Дурак этот Данте. И Беатриче его дура.

Лень есть любовь. К себе.

Зря я поднял газету.

…группа французских рестораторов обратилась с петицией к Римскому Папе Бенедикту XVI. Они предложили понтифику упразднить чревоугодие как грех. По их мнению, чревоугодие — всего лишь простительная слабость. Вкусная еда в разумных количествах, считают французы, смягчает нравы и изгоняет уныние.

Здравая мысль.

Хорошо бы ее додумать.

Завтра.

…обозреватель газеты «Гардиан» пишет, что список смертных грехов сократился, учитывая самоустранение из этого списка жадности. «Жадность, — пишет он, — оправдана и переименована в стимул к работе (incentive). Вспомним девиз Гордона Гекко, антигероя фильма «Уолл Стрит»: «Жадность — это хорошо!». Зрители приветствовали этот девиз восторженными возгласами. Согласно такой философии, грешниками являются те, кто жалуется на жадность генералов большого бизнеса. Ведь недовольные обуреваемы другим грехом — завистью…»

— Пей чай, убожество!

— С бубликом?

— Я тебе когда-нибудь лгала? Хоть раз в жизни?

…профессор Кембриджского университета Саймон Блэкберн подверг сомнению правомерность нахождения в «черном списке» похоти. Сладострастие, считает профессор, нельзя осуждать, так как «восторженное желание сексуальной активности и сексуального наслаждения ради него самого — вовсе не грех, а жизнеутверждающая добродетель». Да, время от времени похоть может выходить из-под контроля. Поэтому «лишь то сладострастие добродетельно, которое взаимно и контролируемо». Свое мнение Профессор выразил в рамках проекта, осуществляемого издательством Оксфордского университета «Oxford University Press», цель которого — позиционирование семи смертных грехов в современной жизни…

Размачиваю бублик в чае.

А то его еще грызть…

…Ватикан обновил список «семи смертных грехов», приведя его в соответствие с требованиями современности. Новые смертные грехи были перечислены архиепископом Джанфранко Джиротти в ходе проходившего в Риме семинара для священников. Выступая перед участниками семинара, Римский Папа Бенедикт XVI выразил свою обеспокоенность тем, что люди «перестали понимать суть греха». На вечные страдания в аду теперь обречены наркоторговцы, бизнесмены, обладающие «богатством неприличных размеров», а также ученые, манипулирующие с генами человека.

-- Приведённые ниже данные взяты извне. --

-- ===== src/Foreground/Healed.antt =====
-- The heal that a foreground cycle is asked for always (`healSnapshotOnDemand`).
use mathlib.Core.Path.{subst, subst⁻¹}
use autoreas_mobile.Prelude.{
  ℕ, ◌<◌, Bool, true, false, Option, some, List, Elem, contains, ◌≡◌, refl, ◌∙◌, inl, inr,
  Bool-cases, if◌then◌else◌,
}
use autoreas_mobile.Connection.{
  Connection, CycleFailure, begin_sync_connection_attempt, mark_sync_connection_succeeded,
  publish_sync_connection_attempt,
}
use autoreas_mobile.Cycle.{IsTimed, write_failed}
use autoreas_mobile.Cycle.Chain.{
  js_claim, outbox_chain_budget_ms, SyncResult, synced_pending, sync_failed, sync_out_of_fuel,
  SyncPendingOperationsResult,
}
use autoreas_mobile.Flush.{always}
use autoreas_mobile.Database.{Database, OperationLogRow}
use autoreas_mobile.Database.Tables.{find_anime}
use autoreas_mobile.Merge.Apply.{load_pending_outbox_record_ids}
use autoreas_mobile.Heal.{IngestedAnime}
use autoreas_mobile.Heal.Stored.{IsSynced}
use autoreas_mobile.Heal.Synced.{IsDistinct, resync_writes_snapshot, resync_keeps_log}
use autoreas_mobile.Runtime.{
  SyncRuntimeStatusPatch, build_sync_attempt_started_patch, build_sync_attempt_succeeded_patch,
}
use autoreas_mobile.Foreground.{
  Surroundings, Telemetry, HealMoment, ForegroundState, ForegroundResult, cycle_returned,
  cycle_threw, cycle_out_of_fuel, heal_fetched, heal_snapshot_on_demand, publish_attempt,
  publish_failure, cycle_failed, run_pass, succeeded_or_failed, settle_cycle, after_pull,
  after_sends, after_start, failure_of, run_coordinated_foreground_sync_cycle,
}
use autoreas_mobile.Foreground.Outcome.{publish_attempt-db, IsEnded, run_pass-IsEnded}

module _ (w : Surroundings) where
  -- The last heal is the one of a moment, and every anime of its snapshot without an unconfirmed edit
  -- is stored with the snapshot's values and token.
  abbrev pub IsHealOf : HealMoment → List IngestedAnime → Option ℕ → Database → Type 0
  IsHealOf moment remote last_heal_at db =
      (last_heal_at ≡ some moment.healed_at)
      × ((e : IngestedAnime)
          → Elem e remote
          → contains (load_pending_outbox_record_ids db.operation_log) e.anime.id ≡ false
          → IsSynced w.sends.world.json e (find_anime db.animes e.anime.id))

  -- The bridge answers a heal with a snapshot that names each anime once, and it is written.
  pub record IsAnswered (moment : HealMoment) (remote : List IngestedAnime) : Type 0 where
    pub answered : moment.fetched ≡ some remote
    pub distinct : IsDistinct remote
    pub written : moment.is_failed ≡ false

  abbrev pub IsHealedState : HealMoment → List IngestedAnime → ForegroundState → Type 0
  IsHealedState moment remote t = IsHealOf moment remote t.last_heal_at t.db

  fetched_is_done :
      (moment : HealMoment) (remote : List IngestedAnime) (s : ForegroundState)
      → IsAnswered moment remote
      → IsHealedState moment remote (heal_fetched w true moment (some remote) s)
  unfolding heal_fetched
  fetched_is_done moment remote s answer =
      let before = moment.meanwhile s.db in
      rw answer.written (
        refl,
        λ e m free. resync_writes_snapshot w.sends.world.json remote before e answer.distinct m (
            subst
              (λ (log : List OperationLogRow).
                contains (load_pending_outbox_record_ids log) e.anime.id ≡ false)
              (resync_keeps_log w.sends.world.json remote before) free),
      )

  heal_is_done :
      w.is_paired ≡ true
      → (moment : HealMoment) (remote : List IngestedAnime) (s : ForegroundState)
      → IsAnswered moment remote
      → IsHealedState moment remote (heal_snapshot_on_demand w always moment s)
  unfolding heal_snapshot_on_demand heal_fetched
  heal_is_done paired moment remote s answer =
      subst⁻¹ (λ b. IsHealedState moment remote (heal_fetched w b moment moment.fetched s)) paired
        (subst⁻¹ (λ o. IsHealedState moment remote (heal_fetched w true moment o s)) answer.answered
          (fetched_is_done moment remote s answer))

  last_heal-publish_attempt :
      (attempt : ℕ) (telemetry : Telemetry) (patch : SyncRuntimeStatusPatch)
      (publish_connection : Connection → Connection) (s : ForegroundState)
      → (publish_attempt w attempt telemetry patch publish_connection s).1.last_heal_at
        ≡ s.last_heal_at
  unfolding publish_attempt
  last_heal-publish_attempt attempt telemetry patch publish_connection s =
      elim (Bool-cases
        (publish_sync_connection_attempt attempt telemetry.meanwhile publish_connection
          s.connection).is_persisted) [
            | inr h ↦ rw h refl
            | inl h ↦ elim (Bool-cases telemetry.is_failed) [
              | inl k ↦ rw h (rw k refl)
              | inr k ↦ rw h (rw k refl)
            ]
          ]

  -- The cycle ended, with the heal that it begins with, or the one after its failure.
  pub IsHealed : List IngestedAnime → List IngestedAnime → ForegroundResult → Type 0
  IsHealed remote remote_after_failure (cycle_returned count t) = IsHealedState w.heal remote t
  IsHealed remote remote_after_failure (cycle_threw error t) =
      IsHealedState w.heal_after_failure remote_after_failure t
  IsHealed remote remote_after_failure cycle_out_of_fuel = ⊥

  module _ (remote remote_after_failure : List IngestedAnime) (paired : w.is_paired ≡ true)
      (answer : IsAnswered w.heal remote)
      (answer_after_failure : IsAnswered w.heal_after_failure remote_after_failure) where
    either-IsHealed :
        (test : Bool) (then_result else_result : ForegroundResult)
        → IsHealed remote remote_after_failure then_result
        → IsHealed remote remote_after_failure else_result
        → IsHealed remote remote_after_failure (if test then then_result else else_result)
    either-IsHealed true then_result else_result holds fails = holds
    either-IsHealed false then_result else_result holds fails = fails

    cycle_failed-IsHealed :
        (attempt : ℕ) (error : CycleFailure) (s : ForegroundState)
        → IsHealed remote remote_after_failure (cycle_failed w attempt always error s)
    unfolding IsHealed cycle_failed publish_failure
    cycle_failed-IsHealed attempt error s =
        heal_is_done paired w.heal_after_failure remote_after_failure s answer_after_failure

    succeeded-IsHealed :
        (attempt count : ℕ) (p : Bool × ForegroundState)
        → IsHealedState w.heal remote p.1
        → IsHealed remote remote_after_failure (succeeded_or_failed w attempt always count p)
    unfolding IsHealed succeeded_or_failed
    succeeded-IsHealed attempt count (true, s) healed =
        cycle_failed-IsHealed attempt (failure_of w write_failed) s
    succeeded-IsHealed attempt count (false, s) healed = healed

    -- A publication leaves the heal as it is.
    published-IsHealedState :
        (attempt : ℕ) (telemetry : Telemetry) (patch : SyncRuntimeStatusPatch)
        (publish_connection : Connection → Connection) (s : ForegroundState)
        → IsHealedState w.heal remote s
        → IsHealedState w.heal remote
            (publish_attempt w attempt telemetry patch publish_connection s).1
    published-IsHealedState attempt telemetry patch publish_connection s healed = (
      last_heal-publish_attempt attempt telemetry patch publish_connection s ∙ healed.0,
      subst⁻¹
          (λ (db : Database).
            (e : IngestedAnime)
            → Elem e remote
            → contains (load_pending_outbox_record_ids db.operation_log) e.anime.id ≡ false
            → IsSynced w.sends.world.json e (find_anime db.animes e.anime.id))
          (publish_attempt-db w attempt telemetry patch publish_connection s) healed.1,
    )

    settle_cycle-IsHealed :
        (attempt : ℕ) (result : SyncPendingOperationsResult) (s : ForegroundState)
        → IsHealed remote remote_after_failure (settle_cycle w attempt always result s)
    unfolding IsHealed settle_cycle
    settle_cycle-IsHealed attempt result s =
        let healed = heal_snapshot_on_demand w always w.heal s in
        let done = heal_is_done paired w.heal remote s answer in
        either-IsHealed result.has_more_pending _ _ done (
          succeeded-IsHealed attempt result.synced_count _ (
            published-IsHealedState attempt w.succeeded
              (build_sync_attempt_succeeded_patch w.succeeded.instant)
              (mark_sync_connection_succeeded attempt w.succeeded.instant) healed done))

    after_pull-IsHealed :
        (attempt : ℕ) (result : SyncPendingOperationsResult) (s : ForegroundState)
        (pulled : SyncResult)
        → IsEnded w pulled
        → IsHealed remote remote_after_failure (after_pull w attempt always result s pulled)
    unfolding after_pull settle_cycle
    after_pull-IsHealed attempt result s (synced_pending more d) ended =
        settle_cycle-IsHealed attempt result (record s { db = d.db })
    after_pull-IsHealed attempt result s (sync_failed error d) ended =
        settle_cycle-IsHealed attempt result (record s { db = d.db })
    after_pull-IsHealed attempt result s sync_out_of_fuel ended = absurd ended

    module _ (sends_timed : IsTimed w.sends.world (js_claim w.sends.claimed_at))
        (pull_timed : IsTimed w.pull.world (js_claim w.pull.claimed_at))
        (enough : outbox_chain_budget_ms < w.fuel) where
      after_sends-IsHealed :
          (attempt : ℕ) (s : ForegroundState) (sent : SyncResult)
          → IsEnded w sent
          → IsHealed remote remote_after_failure (after_sends w attempt always s sent)
      unfolding after_sends run_pass
      after_sends-IsHealed attempt s (synced_pending result c) ended =
          let t = record s { db = c.db; connection = w.meanwhile s.connection } in
          either-IsHealed result.rating_delivered _ _
            (after_pull-IsHealed attempt result t (run_pass w w.pull c.db)
              (run_pass-IsEnded w w.pull c.db pull_timed enough))
            (settle_cycle-IsHealed attempt result t)
      after_sends-IsHealed attempt s (sync_failed error c) ended =
          cycle_failed-IsHealed attempt (failure_of w error)
            (record s { db = c.db; connection = w.meanwhile s.connection })
      after_sends-IsHealed attempt s sync_out_of_fuel ended = absurd ended

      after_start-IsHealed :
          (attempt : ℕ) (p : Bool × ForegroundState)
          → IsHealed remote remote_after_failure (after_start w attempt always p)
      unfolding after_start
      after_start-IsHealed attempt (true, s) =
          cycle_failed-IsHealed attempt (failure_of w write_failed) s
      after_start-IsHealed attempt (false, s) =
          after_sends-IsHealed attempt s (run_pass w w.sends s.db)
            (run_pass-IsEnded w w.sends s.db sends_timed enough)

      -- A paired cycle that is asked for a heal always ends with one, whether it returns or throws,
      -- where the bridge answers with a snapshot that names each anime once and the heal's transaction
      -- goes through: the time of the last heal is the cycle's, and every anime of the snapshot
      -- without an unconfirmed edit is stored with the snapshot's value in each of the 21 columns, its
      -- folder path and its token. The fuel is one more than the budget has milliseconds, and every
      -- request takes a millisecond or more.
      pub run_coordinated_foreground_sync_cycle-IsHealed :
          (s : ForegroundState)
          → IsHealed remote remote_after_failure (run_coordinated_foreground_sync_cycle w always s)
      unfolding run_coordinated_foreground_sync_cycle
      run_coordinated_foreground_sync_cycle-IsHealed s =
          let begun = begin_sync_connection_attempt s.connection in
          after_start-IsHealed begun.current (
            publish_attempt w begun.current w.started
              (build_sync_attempt_started_patch w.started.instant) (λ c. c)
              (record s { connection = begun }))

В интервью ватиканской газете «L'Osservatore Romano» архиепископ Джиротти заявил, что самыми опасными областями — с точки зрения смертного греха — являются биоэтические науки и экология. Также архиепископ зачислил в «величайшие грехи нашей эпохи» аборты и педофилию.

Бывший преподаватель моральной теологии в папском университете, иезуит Джеральд О'Коллинс, приветствовал изменение списка «смертных грехов». «Мне кажется, что современные священники не вполне отдают себе отчет в том, что касается зла в нынешнем мире, — говорит О'Коллинс. — Они должны лучше представлять социальную составляющую греха и зла, а не думать о грехе лишь на уровне конкретного человека…»

Воскресенье. Алчность

Хоронили Шурку Литвина.

Я знал, что он долго болел. Даже знал чем. Все собирался зайти, навестить — и медлил, откладывал. Словно боялся заразиться. Вот, навестил.

На 13-м городском кладбище.

Густая компания провожающих топталась у ямы. Рыдала Шуркина мать. Ее успокаивали две дочери. Отца, строительного воротилы, не было — свалился с микроинфарктом. Пьяненький кузен хотел произнести речь. Очень хотел. Его урезонивали шепотом. Шурка лежал в гробу спокойный, деловитый. Казалось, он собрался на работу и только ждал, пока все уйдут поминать.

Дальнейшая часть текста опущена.